# Rahmen aus England, was ist dabei?



## Indian Summer (14. Februar 2013)

> hallo,
> 
> habe mir einen neuen norco aurum 2013 rahmen in england bestellt.
> dort konnte mir aber keiner sagen, ob die spare parts dabei sind?
> ...



Hi Daniel

In Deutschland und der Schweiz sind die X-12-Achse, die 157/150 mm-Spacer sowie 
das Schaltauge mit einer Ersatzschraube dabei, die Gabel-Anschläge sind am Rahmen befestigt. Dann gehört
zum Kit selbstverständlich der montierte Dämpfer sowie eine Aluminium Norco-Sattelstütze.

Ich hoffe du verstehst, dass dir nur dein englischer Verkäufer sagen kann, was beim Rahmen, den er dir 
verkauft hat, dabei ist. Ist es der komplette Rahmenkit, so wie er von Norco kommt, sollte alles 
dabei sein, was ich dir oben aufgezählt habe.

Cheers,

Fritz


----------



## dr.juggles (14. Februar 2013)

mahlzeit fritz,

habe antwort vom customer service.
es wird wahrlich nur der blanke rahmen, OHNE die genannten teile.
bekomme ich die aktuellen fork bumper & die 150/157 spacer über Norco?
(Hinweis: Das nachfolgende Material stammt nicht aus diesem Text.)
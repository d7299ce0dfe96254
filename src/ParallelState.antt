-- ===== src/ParallelState.antt =====
-- megatron/core/parallel_state.py: `initialize_model_parallel`. A process group is the list of its
-- ranks, so a group and the variable of its global ranks are one; the loops give the groups in the
-- order in which `torch.distributed.new_group` is called. The backends and options of the groups,
-- the barrier for SHARP and the memory buffer are left out.
pub mod Striped
pub mod Joined
pub mod Stages
pub mod Lifetime
mod Tests
use megatron_lm.Prelude.{
  ◌>>=◌, assert, floor_div, length, ◌-◌, if◌then◌else◌, ℕ, zero, suc, ◌+◌, ◌*◌, ◌/◌, ◌%◌, Bool,
  true, false, not, ◌&&◌, ltb, ◌==◌, Option, none, some, List, [], ◌∷◌, ◌++◌, map, get_elem?,
  range_from, Result, ok, raise, runtime_error, assertion_error, ◌>>◌, raise_if, index_error,
  modulo,
}
use megatron_lm.Bucket.{contains, index}

abbrev pub strided : ℕ → ℕ → ℕ → List ℕ
strided start step zero = []
strided start step (suc n) = start ∷ strided (start + step) step n

-- `range(start, end, step)`, for a positive step
abbrev pub range_step : ℕ → ℕ → ℕ → List ℕ
range_step start end step = strided start step ((end - start + (step - 1)) / step)

-- The groups of `for i in range(n): ...`, in order, from round `i` on.
abbrev pub rounds {ℓ} : {A : Type ℓ} → ℕ → ℕ → (ℕ → List A) → List A
rounds i zero f = []
rounds i (suc n) f = f i ++ rounds (i + 1) n f

abbrev pub each {ℓ} : {A : Type ℓ} → ℕ → (ℕ → List A) → List A
each n f = rounds 0 n f

-- `if rank in ranks: GROUP = ...` in a loop
pub join : ℕ → List (List ℕ) → Option (List ℕ) → Option (List ℕ)
join rank [] group = group
join rank (ranks ∷ others) group =
    join rank others (if contains rank ranks then some ranks else group)

pub record Sizes : Type 0 where
  pub tensor_model_parallel_size : ℕ
  pub pipeline_model_parallel_size : ℕ
  pub virtual_pipeline_model_parallel_size : Option ℕ
  pub pipeline_model_parallel_split_rank : Option ℕ
  pub context_parallel_size : ℕ
  pub expert_model_parallel_size : ℕ
  -- What `torch.distributed` says.
  pub world_size : ℕ
  pub rank : ℕ

-- The global variables.
pub record Globals : Type 0 where
  pub virtual_pipeline_model_parallel_rank : Option ℕ
  pub virtual_pipeline_model_parallel_world_size : Option ℕ
  pub pipeline_model_parallel_split_rank : Option ℕ
  pub data_parallel_group : Option (List ℕ)
  pub data_parallel_group_with_cp : Option (List ℕ)
  pub context_parallel_group : Option (List ℕ)
  pub model_parallel_group : Option (List ℕ)
  pub tensor_model_parallel_group : Option (List ℕ)
  pub pipeline_model_parallel_group : Option (List ℕ)
  pub embedding_group : Option (List ℕ)
  pub embedding_global_ranks : Option (List ℕ)
  pub position_embedding_group : Option (List ℕ)
  pub position_embedding_global_ranks : Option (List ℕ)
  pub tensor_and_data_parallel_group : Option (List ℕ)
  pub tensor_and_data_parallel_group_with_cp : Option (List ℕ)
  pub tensor_and_expert_parallel_group : Option (List ℕ)
  pub data_modulo_expert_parallel_group : Option (List ℕ)

abbrev pub is_none {ℓ} : {A : Type ℓ} → Option A → Bool
is_none none = true
is_none (some _) = false

module _ (s : Sizes) where
  abbrev tp : ℕ
  tp = s.tensor_model_parallel_size

  abbrev pp : ℕ
  pp = s.pipeline_model_parallel_size

  abbrev cp : ℕ
  cp = s.context_parallel_size

  abbrev pub data_parallel_size : ℕ
  data_parallel_size = s.world_size / (tp * pp * cp)

  abbrev pub num_pipeline_model_parallel_groups : ℕ
  num_pipeline_model_parallel_groups = s.world_size / pp

  abbrev pub num_tensor_model_parallel_groups : ℕ
  num_tensor_model_parallel_groups = s.world_size / tp

  abbrev pub tensor_and_expert_group_size : ℕ
  tensor_and_expert_group_size = tp * s.expert_model_parallel_size

  -- The checks on the sizes.
  pub check_sizes : Result (Unit {0})
  check_sizes = do
    rest ← modulo s.world_size (tp * pp * cp)
    raise_if (not (rest == 0)) runtime_error
    rest_expert ← modulo data_parallel_size s.expert_model_parallel_size
    raise_if (not (rest_expert == 0)) runtime_error
    raise_if (ltb 1 s.expert_model_parallel_size && ltb 1 cp) runtime_error
    raise_if (not (is_none s.virtual_pipeline_model_parallel_size) && not (ltb 2 pp)) runtime_error

  pub data_parallel_groups : List (List ℕ)
  data_parallel_groups = each pp λ i.
      let start_rank = i * num_pipeline_model_parallel_groups in
      let end_rank = (i + 1) * num_pipeline_model_parallel_groups in
      map (λ j. range_step (start_rank + j) end_rank (cp * tp)) (range_from 0 (cp * tp))

  pub data_parallel_groups_with_cp : List (List ℕ)
  data_parallel_groups_with_cp = each pp λ i.
      let start_rank = i * num_pipeline_model_parallel_groups in
      let end_rank = (i + 1) * num_pipeline_model_parallel_groups in
      map (λ j. range_step (start_rank + j) end_rank tp) (range_from 0 tp)

  pub context_parallel_groups : List (List ℕ)
  context_parallel_groups = each pp λ i. each data_parallel_size λ j.
      let start_rank = i * num_pipeline_model_parallel_groups + j * tp * cp in
      let end_rank = i * num_pipeline_model_parallel_groups + (j + 1) * tp * cp in
      map (λ k. range_step (start_rank + k) end_rank tp) (range_from 0 tp)

  pub tensor_model_parallel_groups : List (List ℕ)
  tensor_model_parallel_groups =
      map (λ i. range_step (i * tp) ((i + 1) * tp) 1)
        (range_from 0 num_tensor_model_parallel_groups)

  pub pipeline_model_parallel_groups : List (List ℕ)
  pipeline_model_parallel_groups =
      map (λ i. range_step i s.world_size num_pipeline_model_parallel_groups)
        (range_from 0 num_pipeline_model_parallel_groups)

  pub tensor_and_data_parallel_groups_with_cp : ℕ → List (List ℕ)
  tensor_and_data_parallel_groups_with_cp n =
      let size = tp * data_parallel_size * cp in
      map (λ i. range_step (i * size) (i * size + size) 1) (range_from 0 n)

  pub tensor_and_data_parallel_groups : ℕ → List (List ℕ)
  tensor_and_data_parallel_groups n = each n λ i.
      map
        (λ j. each data_parallel_size λ k.
          let start_rank = i * (tp * data_parallel_size * cp) + j * tp + k * tp * cp in
          range_step start_rank (start_rank + tp) 1)
        (range_from 0 cp)

  pub tensor_and_expert_parallel_groups : ℕ → ℕ → List (List ℕ)
  tensor_and_expert_parallel_groups n num_expert_groups = each n λ i.
      map
        (λ j.
          let base = i * (tp * data_parallel_size) in
          range_step (base + j * tensor_and_expert_group_size)
            (base + (j + 1) * tensor_and_expert_group_size) 1)
        (range_from 0 num_expert_groups)

  pub data_modulo_expert_parallel_groups : ℕ → List (List ℕ)
  data_modulo_expert_parallel_groups n = each n λ i.
      let start_rank = i * (tp * data_parallel_size) in
      let end_rank = (i + 1) * (tp * data_parallel_size) in
      map (λ j. range_step (start_rank + j) end_rank tensor_and_expert_group_size)
        (range_from 0 tensor_and_expert_group_size)

-- `[group[i] for group in groups]`
pub column : ℕ → List (List ℕ) → Result (List ℕ)
column i [] = ok []
column i (group ∷ groups) = do first ← index group i; others ← column i groups; ok (first ∷ others)

-- The model-parallel groups from round `i` on, `n` of them.
pub columns : ℕ → ℕ → List (List ℕ) → Result (List (List ℕ))
columns i zero groups = ok []
columns i (suc n) groups = do
  first ← column i groups
  others ← columns (i + 1) n groups
  ok (first ∷ others)

-- `embedding_ranks` and `position_embedding_ranks` of a pipeline group
pub embedding_ranks_of : Option ℕ → List ℕ → Result (List ℕ × List ℕ)
embedding_ranks_of split_rank ranks =
    if ltb 1 (length ranks)
    then (do
      first ← index ranks 0
      last ← index ranks (length ranks - 1)
      elim split_rank [
        | none ↦ ok (first ∷ last ∷ [], first ∷ [])
        | some k ↦ index ranks k >>= λ middle. ok (
          (if contains middle (first ∷ last ∷ [])
              then first ∷ last ∷ []
              else first ∷ middle ∷ last ∷ []),
          (if contains middle (first ∷ []) then first ∷ [] else first ∷ middle ∷ []),
        )
      ])
    else ok (ranks, ranks)

abbrev pub join_one : ℕ → List ℕ → List ℕ → Option (List ℕ) → Option (List ℕ)
join_one rank members value old = if contains rank members then some value else old

-- The loop that builds the pipeline, embedding and position embedding groups.
pub pipeline_loop : Option ℕ → ℕ → List (List ℕ) → Globals → Result Globals
pipeline_loop split_rank rank [] g = ok g
pipeline_loop split_rank rank (ranks ∷ others) g = do
  both ← embedding_ranks_of split_rank ranks
  pipeline_loop split_rank rank others (record g {
    pipeline_model_parallel_group = join_one rank ranks ranks g.pipeline_model_parallel_group;
    embedding_group = join_one rank both.0 both.0 g.embedding_group;
    embedding_global_ranks = join_one rank ranks both.0 g.embedding_global_ranks;
    position_embedding_group = join_one rank both.1 both.1 g.position_embedding_group;
    position_embedding_global_ranks = join_one rank ranks both.1 g.position_embedding_global_ranks;
  })

abbrev pub set_virtual : Option ℕ → Globals → Globals
set_virtual none g = g
set_virtual (some v) g = record g {
  virtual_pipeline_model_parallel_rank = some 0;
  virtual_pipeline_model_parallel_world_size = some v;
}

abbrev pub set_split_rank : Option ℕ → Globals → Globals
set_split_rank none g = g
set_split_rank (some k) g = record g { pipeline_model_parallel_split_rank = some k }

module _ (s : Sizes) where
  pub init_data_parallel : Globals → Result Globals
  init_data_parallel g = do
    assert (is_none g.data_parallel_group)
    ok (record g {
      data_parallel_group = join s.rank (data_parallel_groups s) g.data_parallel_group;
      data_parallel_group_with_cp =
          join s.rank (data_parallel_groups_with_cp s) g.data_parallel_group_with_cp;
    })

  pub init_model_parallel : Globals → Result Globals
  init_model_parallel g = do
    assert (is_none g.context_parallel_group)
    assert (is_none g.model_parallel_group)
    groups ← columns 0 (data_parallel_size s * cp s) (data_parallel_groups_with_cp s)
    assert (is_none g.tensor_model_parallel_group)
    ok (record g {
      context_parallel_group = join s.rank (context_parallel_groups s) g.context_parallel_group;
      model_parallel_group = join s.rank groups g.model_parallel_group;
      tensor_model_parallel_group =
          join s.rank (tensor_model_parallel_groups s) g.tensor_model_parallel_group;
    })

  pub init_pipeline_parallel : Globals → Result Globals
  init_pipeline_parallel g = do
    assert (is_none g.pipeline_model_parallel_group)
    assert (is_none g.embedding_group)
    assert (is_none g.position_embedding_group)
    pipeline_loop s.pipeline_model_parallel_split_rank s.rank (pipeline_model_parallel_groups s) g

  pub init_tensor_and_data_parallel : Globals → Result Globals
  init_tensor_and_data_parallel g = do
    assert (is_none g.tensor_and_data_parallel_group)
    n ← floor_div s.world_size (tp s * data_parallel_size s * cp s)
    ok (record g {
      tensor_and_data_parallel_group_with_cp =
          join s.rank (tensor_and_data_parallel_groups_with_cp s n)
            g.tensor_and_data_parallel_group_with_cp;
      tensor_and_data_parallel_group =
          join s.rank (tensor_and_data_parallel_groups s n) g.tensor_and_data_parallel_group;
    })

  pub init_expert_parallel : Globals → Result Globals
  init_expert_parallel g = do
    assert (is_none g.tensor_and_expert_parallel_group)
    assert (is_none g.data_modulo_expert_parallel_group)
    n ← floor_div s.world_size (tp s * data_parallel_size s)
    num_expert_groups ← floor_div (data_parallel_size s) s.expert_model_parallel_size
    ok (record g {
      tensor_and_expert_parallel_group =
          join s.rank (tensor_and_expert_parallel_groups s n num_expert_groups)
            g.tensor_and_expert_parallel_group;
      data_modulo_expert_parallel_group =
          join s.rank (data_modulo_expert_parallel_groups s n) g.data_modulo_expert_parallel_group;
    })

  -- The sizes that are kept in global variables.
  pub set_sizes : Globals → Globals
  set_sizes g =
      set_split_rank s.pipeline_model_parallel_split_rank
        (set_virtual s.virtual_pipeline_model_parallel_size g)

  pub initialize_model_parallel : Globals → Result Globals
  initialize_model_parallel g = do
    check_sizes s
    with_data ← init_data_parallel (set_sizes g)
    with_model ← init_model_parallel with_data
    with_pipeline ← init_pipeline_parallel with_model
    with_tensor_data ← init_tensor_and_data_parallel with_pipeline
    init_expert_parallel with_tensor_data

abbrev pub uninitialized : Globals
uninitialized = record {
  virtual_pipeline_model_parallel_rank = none;
  virtual_pipeline_model_parallel_world_size = none;
  pipeline_model_parallel_split_rank = none;
  data_parallel_group = none;
  data_parallel_group_with_cp = none;
  context_parallel_group = none;
  model_parallel_group = none;
  tensor_model_parallel_group = none;
  pipeline_model_parallel_group = none;
  embedding_group = none;
  embedding_global_ranks = none;
  position_embedding_group = none;
  position_embedding_global_ranks = none;
  tensor_and_data_parallel_group = none;
  tensor_and_data_parallel_group_with_cp = none;
  tensor_and_expert_parallel_group = none;
  data_modulo_expert_parallel_group = none;
}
das Syntace zeug bekomme ich ohne probleme über l&s.

mfg daniel


----------



## MTB-News.de




----------



## Indian Summer (14. Februar 2013)

Hi Daniel

Die Spacer und Gabelanschlag sollten eigentlich lieferbar sein, frage doch bei

[email protected]

nach.

Cheers,

Fritz


----------



## dr.juggles (14. Februar 2013)

anfrage läuft, wenn nicht ruf ich mal an.

danke dir erstmal.

mfg daniel

p.s.: dein postfach ist voll


----------



## dr.juggles (14. Februar 2013)

welche größe für die x-12 gewindeinserts benötigt der aurum rahmen?
es gibt 3 größen zur auswahl bei syntace.

mfg


----------



## zimmy1612 (14. Februar 2013)

Hallo!
Hab ich mir auch gekauft 
Achse und Schaltauge gibts zu bestellen.
Die Gabelbumper könnten ein Problem werden. Erfahre die Tage mehr.


----------